__Work to complete__: Every line below that contains the word "Core" must be copied.

START Dataset excerpts

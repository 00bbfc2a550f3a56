-- ===== src/Prelude/Drops.antt =====
-- The tail of a list from an index, after an entry was put in or taken out.
use Prim.Native.Nat.{ℕ, zero, suc, ◌-◌, ◌<◌, ◌≤◌}
use mathlib.Core.Path.{◌≡◌, refl}
use mathlib.Core.List.{List, [], ◌∷◌}
use native.Mathlib.Omega.{arith}
use wstester.Prelude.Lists.{length, get_or, drop, splice, remove_at}

module _ {ℓ} {A : Type ℓ} where
  pub drop-cons :
      (l : List A) (n : ℕ) (d : A) → n < length l → drop n l ≡ get_or l n d ∷ drop (suc n) l
  drop-cons [] n d h = absurd (omega arith)
  drop-cons (x ∷ l) zero d h = refl
  drop-cons (x ∷ l) (suc n) d h = drop-cons l n d (omega arith)

  pub drop-remove_at_le :
      (l : List A) (n i : ℕ)
      → n ≤ i
      → i < length l
      → drop n (remove_at i l) ≡ remove_at (i - n) (drop n l)
  drop-remove_at_le l zero i h k = let e : i - 0 ≡ i = omega arith in rw e
  drop-remove_at_le l (suc n) zero h k = absurd (omega arith)
  drop-remove_at_le [] (suc n) (suc i) h k = absurd (omega arith)
  drop-remove_at_le (x ∷ l) (suc n) (suc i) h k =
      let e : suc i - suc n ≡ i - n = omega arith in
      rw e (drop-remove_at_le l n i (omega arith) (omega arith))

  pub drop-remove_at_ge :
      (l : List A) (n i : ℕ) → i ≤ n → i < length l → drop n (remove_at i l) ≡ drop (suc n) l
  drop-remove_at_ge [] n i h k = absurd (omega arith)
  drop-remove_at_ge (x ∷ l) n zero h k = refl
  drop-remove_at_ge (x ∷ l) zero (suc i) h k = absurd (omega arith)
  drop-remove_at_ge (x ∷ l) (suc n) (suc i) h k =
      drop-remove_at_ge l n i (omega arith) (omega arith)

  pub drop-splice_le :
      (l : List A) (n i : ℕ) (p : A)
      → n ≤ i
      → i ≤ length l
      → drop n (splice i p i l) ≡ splice (i - n) p (i - n) (drop n l)
  drop-splice_le l zero i p h k = let e : i - 0 ≡ i = omega arith in rw e
  drop-splice_le l (suc n) zero p h k = absurd (omega arith)
  drop-splice_le [] (suc n) (suc i) p h k = absurd (omega arith)
  drop-splice_le (x ∷ l) (suc n) (suc i) p h k =
      let e : suc i - suc n ≡ i - n = omega arith in
      rw e (drop-splice_le l n i p (omega arith) (omega arith))

  pub drop-splice_gt :
      (l : List A) (n i : ℕ) (p : A)
      → i ≤ n
      → i ≤ length l
      → drop (suc n) (splice i p i l) ≡ drop n l
  drop-splice_gt l n zero p h k = refl
  drop-splice_gt l zero (suc i) p h k = absurd (omega arith)
  drop-splice_gt [] (suc n) (suc i) p h k = absurd (omega arith)
  drop-splice_gt (x ∷ l) (suc n) (suc i) p h k = drop-splice_gt l n i p (omega arith) (omega arith)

END Dataset excerpts

__Final answer__:
use mathlib.Core.Path.{◌≡◌, refl}
use mathlib.Core.List.{List, [], ◌∷◌}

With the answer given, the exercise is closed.